The book in his hands, Basset had hastened to be rid of it. Cynically he had told himself that he did so, lest he too might give way to the ignoble impulse to withhold it. Audley was his rival, but that he might have forgiven, as men forgive great wrongs and in time smile on their enemies. But the little wrongs, who can forgive these—the slight, the sneer, the assumption of superiority, the upper hand lightly taken and insolently held?

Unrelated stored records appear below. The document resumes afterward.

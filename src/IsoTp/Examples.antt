-- ===== src/IsoTp/Examples.antt =====
-- A message of ten bytes over src/isotp.c, from the ECU to a tester.
use mathlib.Core.List.{Memᴰ}
use vecu_uds.Base.{inl, inr, arith, refl, some, true, ◌∷◌, [], ◌≡◌, Bool, List, ℕ}
use vecu_uds.IsoTp.Send.{waiting}
use vecu_uds.IsoTp.Written.{Unanswered, isotp_send-Ends, Ends}
use vecu_uds.IsoTp.Reassembly.{done, foreign, next, Delivery}
use vecu_uds.IsoTp.Capacity.{isotp_recv-WithinCapacity, WithinCapacity}
use vecu_uds.IsoTp.Send.{
  consecutive_frame, first_frame, sent, send_consecutive, wait_for_fc, isotp_send,
}
use vecu_uds.IsoTp.Frame.{arrived, Event, CanFrame, Addr}
use vecu_uds.IsoTp.Recv.{on_frame, recv_loop, recv_failed, flow_control, received, isotp_recv}
use vecu_uds.IsoTp.FlowControl.{wait_ignores_deadline}
use vecu_uds.IsoTp.RoundTrip.{isotp_recv-isotp_send}
use vecu_uds.IsoTp.Lost.{lost, Lossy, isotp_recv-Lossy}
use vecu_uds.IsoTp.Steps.{IsIntact}
use vecu_uds.IsoTp.Intact.{isotp_recv-Intact, AllFrom}
use vecu_uds.IsoTp.Layout.{numbered, layout}
use vecu_uds.IsoTp.Clearance.{Cleared}
use vecu_uds.IsoTp.Sent.{isotp_send-layout}

abbrev ecu : Addr
ecu = record { tx_id = 0x7E8; rx_id = 0x7E0 }

abbrev tester : Addr
tester = record { tx_id = 0x7E0; rx_id = 0x7E8 }

abbrev message : List ℕ
message = 1 ∷ 2 ∷ 3 ∷ 4 ∷ 5 ∷ 6 ∷ 7 ∷ 8 ∷ 9 ∷ 10 ∷ []

abbrev always : ℕ → Bool
always n = true

abbrev clearance : List Event
clearance = arrived (flow_control 0x7E0) 5 5 ∷ []

abbrev first : CanFrame
first = record { can_id = 0x7E8; payload = 0x10 ∷ 10 ∷ 1 ∷ 2 ∷ 3 ∷ 4 ∷ 5 ∷ 6 ∷ [] }

abbrev second : CanFrame
second = record { can_id = 0x7E8; payload = 0x21 ∷ 7 ∷ 8 ∷ 9 ∷ 10 ∷ 0 ∷ 0 ∷ 0 ∷ [] }

abbrev other : CanFrame
other = record { can_id = 0x123; payload = 0 ∷ [] }

frames_sent : isotp_send always 0 clearance ecu message ≡ some (sent (first ∷ second ∷ []))
unfolding isotp_send send_consecutive wait_for_fc
frames_sent = refl

abbrev arrivals : List Event
arrivals = arrived first 10 10 ∷ arrived other 11 11 ∷ arrived second 20 20 ∷ []

delivered : Delivery 0x7E8 1000 (first ∷ second ∷ []) arrivals
delivered =
    next first 10 10 (omega arith)
      (foreign other 11 11 (omega arith) (next second 20 20 (omega arith) done))

isotp_recv-isotp_send_example : isotp_recv always tester 64 arrivals ≡ received message
isotp_recv-isotp_send_example =
    isotp_recv-isotp_send always always 0 64 1000 clearance arrivals ecu tester message
      (first ∷ second ∷ []) (λ n. refl) refl refl (omega arith) (omega arith) (omega arith)
      frames_sent delivered

clearance-Cleared : Cleared 0x7E0 1000 clearance
clearance-Cleared = record {
  before = [];
  clearance = arrived (flow_control 0x7E0) 5 5;
  later_on = [];
  same = refl;
  pending = tt;
  cleared = refl;
}

isotp_send-layout_example :
    isotp_send always 0 clearance ecu message ≡ some (sent (layout 0x7E8 message))
isotp_send-layout_example =
    isotp_send-layout always 0 clearance ecu message (λ n. refl) (omega arith) (omega arith)
      (inr clearance-Cleared)

isotp_send-Ends_example :
    Ends
      (Unanswered ecu 0 [] message)
      []
      (layout 0x7E8 message)
      (isotp_send always 0 [] ecu message)
isotp_send-Ends_example = isotp_send-Ends always 0 [] ecu message (omega arith) (omega arith)

message_laid : layout 0x7E8 message ≡ first ∷ second ∷ []
unfolding numbered
message_laid = refl

still_waits : isotp_send always 0 [] ecu message ≡ some (waiting (first ∷ []))
unfolding isotp_send wait_for_fc
still_waits = refl

isotp_recv-WithinCapacity_example : WithinCapacity 64 (isotp_recv always tester 64 arrivals)
isotp_recv-WithinCapacity_example = isotp_recv-WithinCapacity always tester 64 arrivals

wait_ignores_deadline_example : wait_for_fc 0x7E0 1 clearance ≡ wait_for_fc 0x7E0 1000 clearance
wait_ignores_deadline_example = wait_ignores_deadline 0x7E0 1 1000 clearance (refl, tt)

-- A message of twenty bytes, of which the middle frame is lost.
abbrev long : List ℕ
long = 1 ∷ 2 ∷ 3 ∷ 4 ∷ 5 ∷ 6 ∷ 7 ∷ 8 ∷ 9 ∷ 10 ∷ 11 ∷ 12 ∷ 13 ∷ 14 ∷ 15 ∷ 16 ∷ 17 ∷ 18 ∷ 19 ∷ 20 ∷ []

abbrev middle : CanFrame
middle = consecutive_frame 0x7E8 long 6 1

abbrev last : CanFrame
last = consecutive_frame 0x7E8 long 13 2

long_sent :
    isotp_send always 0 clearance ecu long
    ≡ some (sent (first_frame 0x7E8 long ∷ middle ∷ last ∷ []))
unfolding isotp_send send_consecutive wait_for_fc
long_sent = refl

isotp_recv-Lossy_example :
    isotp_recv always tester 64
      (arrived (first_frame 0x7E8 long) 10 10 ∷ arrived other 11 11 ∷ arrived last 20 20 ∷ [])
    ≡ recv_failed
isotp_recv-Lossy_example =
    isotp_recv-Lossy always always 0 64 10 10 clearance
      (arrived other 11 11 ∷ arrived last 20 20 ∷ []) ecu tester long (first_frame 0x7E8 long)
      (middle ∷ last ∷ []) (λ n. refl) refl refl (omega arith) (omega arith) (omega arith) long_sent
      (Lossy.foreign other 11 11 (omega arith) (lost middle last 20 20))

-- The last frame comes first, and the first one three times.
abbrev shuffled : List Event
shuffled =
    arrived last 10 10
    ∷ arrived (first_frame 0x7E8 long) 20 20
    ∷ arrived (first_frame 0x7E8 long) 30 30
    ∷ arrived (first_frame 0x7E8 long) 40 40
    ∷ arrived middle 50 50
    ∷ arrived other 55 55
    ∷ arrived last 60 60
    ∷ []

shuffled-AllFrom : AllFrom 0x7E8 (first_frame 0x7E8 long ∷ middle ∷ last ∷ []) shuffled
shuffled-AllFrom =
    let is_first = inr (Memᴰ.head refl) in
    let is_middle = inr (Memᴰ.tail (Memᴰ.head refl)) in
    let is_last = inr (Memᴰ.tail (Memᴰ.tail (Memᴰ.head refl))) in
    (is_last, (is_first, (is_first, (is_first, (is_middle, (inl (omega arith), (is_last, tt)))))))

isotp_recv-Intact_example : IsIntact long (isotp_recv always tester 64 shuffled)
isotp_recv-Intact_example =
    isotp_recv-Intact always always 0 64 clearance shuffled ecu tester long
      (first_frame 0x7E8 long ∷ middle ∷ last ∷ []) (λ n. refl) (omega arith) long_sent
      shuffled-AllFrom

shuffled-received : isotp_recv always tester 64 shuffled ≡ received long
unfolding isotp_recv recv_loop on_frame
shuffled-received = refl
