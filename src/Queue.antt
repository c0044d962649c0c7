-- ===== src/Queue.antt =====
-- The bounded blocking queue of src/queue.c and include/queue.h. Each function runs under the
-- queue's mutex and waits on its condition variables, so a call is one step up to its first wait;
-- a thread that is woken tests again from the start, which is a further step of the same call.
use vecu_uds.Base.{
  set, ◌-◌, ◌%◌, ◌+◌, ltb, ◌||◌, get_or, ◌==◌, false, ◌&&◌, Bool, [], length, not, true, replicate,
  if◌then◌else◌, List, ℕ,
}
use vecu_uds.Types.{max_msg_len}
pub mod Fifo
pub mod Order
pub mod Calls
mod Examples

-- UDS_QUEUE_CAP
abbrev pub queue_cap : ℕ
queue_cap = 8

-- `uds_queue_t`; of `uds_msg_t` a slot holds the `len` bytes that are in use
pub record UdsQueue : Type 0 where
  pub slots : List (List ℕ)
  pub head : ℕ
  pub tail : ℕ
  pub count : ℕ
  pub closed : Bool

-- Return codes 0 and -1, or the thread waits.
pub data Pushed : Type 0 where
  pushed push_refused push_waits : Pushed

pub data Popped : Type 0 where
  popped : List ℕ → Popped
  pop_refused pop_waits : Popped

-- uds_queue_init
unfoldable pub queue_init : UdsQueue
queue_init = record {
  slots = replicate queue_cap [];
  head = 0;
  tail = 0;
  count = 0;
  closed = false;
}

-- uds_queue_shutdown
unfoldable pub shutdown : UdsQueue → UdsQueue
shutdown q = record q { closed = true }

-- uds_queue_push
unfoldable pub push : List ℕ → UdsQueue → Pushed × UdsQueue
push bytes q =
    if length bytes == 0 || ltb max_msg_len (length bytes)
    then (push_refused, q)
    else if not q.closed && q.count == queue_cap
    then (push_waits, q)
    else if q.closed
    then (push_refused, q)
    else (
      pushed,
      record q {
        slots = set q.slots q.tail bytes;
        tail = (q.tail + 1) % queue_cap;
        count = q.count + 1;
      },
    )

-- uds_queue_pop_blocking
unfoldable pub pop_blocking : UdsQueue → Popped × UdsQueue
pop_blocking q =
    if not q.closed && q.count == 0
    then (pop_waits, q)
    else if q.count == 0
    then (pop_refused, q)
    else (
      popped (get_or q.slots q.head []),
      record q { head = (q.head + 1) % queue_cap; count = q.count - 1 },
    )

Not Peter Basset, at a moment when he was being tried almost beyond bearing. For every day, between the finding of the body and the funeral, and often more than once in the day he had to see Mary, he had to advise her, he had—for there was no one else—to explain matters to her, to bear her company. He had to quit this meeting and that Ordinary—for election business stops for no man—and to go to her. He had to find her alone and to see her face light up at his entrance; he had to look back, and to see her watch him as he rode from the door. Nor when he was absent from the Gatehouse was it any better; nay, it was worse. For then he was forced to think of her as alone and sad, he had to picture her brooding over the fire, he had to fancy her at her solitary meals. And alike, with her or away from her, he had to damp down the old passion, as well as the new regret that each day and each hour and every kind look on her part fanned into a flame. Nor was even this all; every day he saw that she grew more grave, daily he saw her color fading, and he did not know what qualms she masked, what nightmares she might be suffering in that empty house—nay, what cause for unhappiness she might be hiding. At last—it was the afternoon before the funeral—he could bear it no longer, and he spoke.
“You ought not to be here!” he said bluntly. “Why doesn’t Audley fetch you away?” He was standing before the fire drawing on his gloves as he prepared to leave. The room was full of shadows, for he had chosen a time when she could not see his face.
She tried to fence with him. “I am afraid,” she said, “that some formalities will be necessary before he can do that.”
“Then why is he not here?” he retorted. “Or why doesn’t he send some one to be with you? You ought not to be alone. Mrs. Jenkinson at The Butterflies—she’s a good soul—you know her?”
“Yes.”
“She’d come at a word. I know it’s not my business——”
“Or you would go about it, I am sure,” she replied gently, “with as much respect to my wishes as Lord Audley shows.”
“Your wishes? But why—why do you wish——”
“Why do I wish to be alone?” she answered. “Because I owe something to my uncle. Because I owe him a little thought and some remembrance. He made my old life for me—would you have me begin the new one before he is in the grave? This was his house—would you have me entertain Lord Audley in it?” She stood up, slender and straight, with the table between them—and he did not guess that her knees were trembling. “Please to understand,” she continued, “that Lord Audley and I are entirely at one in this. We have our lives before us, and it were indeed selfish of us, and ungrateful of me, if we grudged a few days to remembrance. As selfish,” she continued bravely—and he did not know that she braced herself anew—“as if I were ever to forget the friend who was his friend, whose kindness has never failed me, whose loyalty has never—” she broke down there. She could not go on.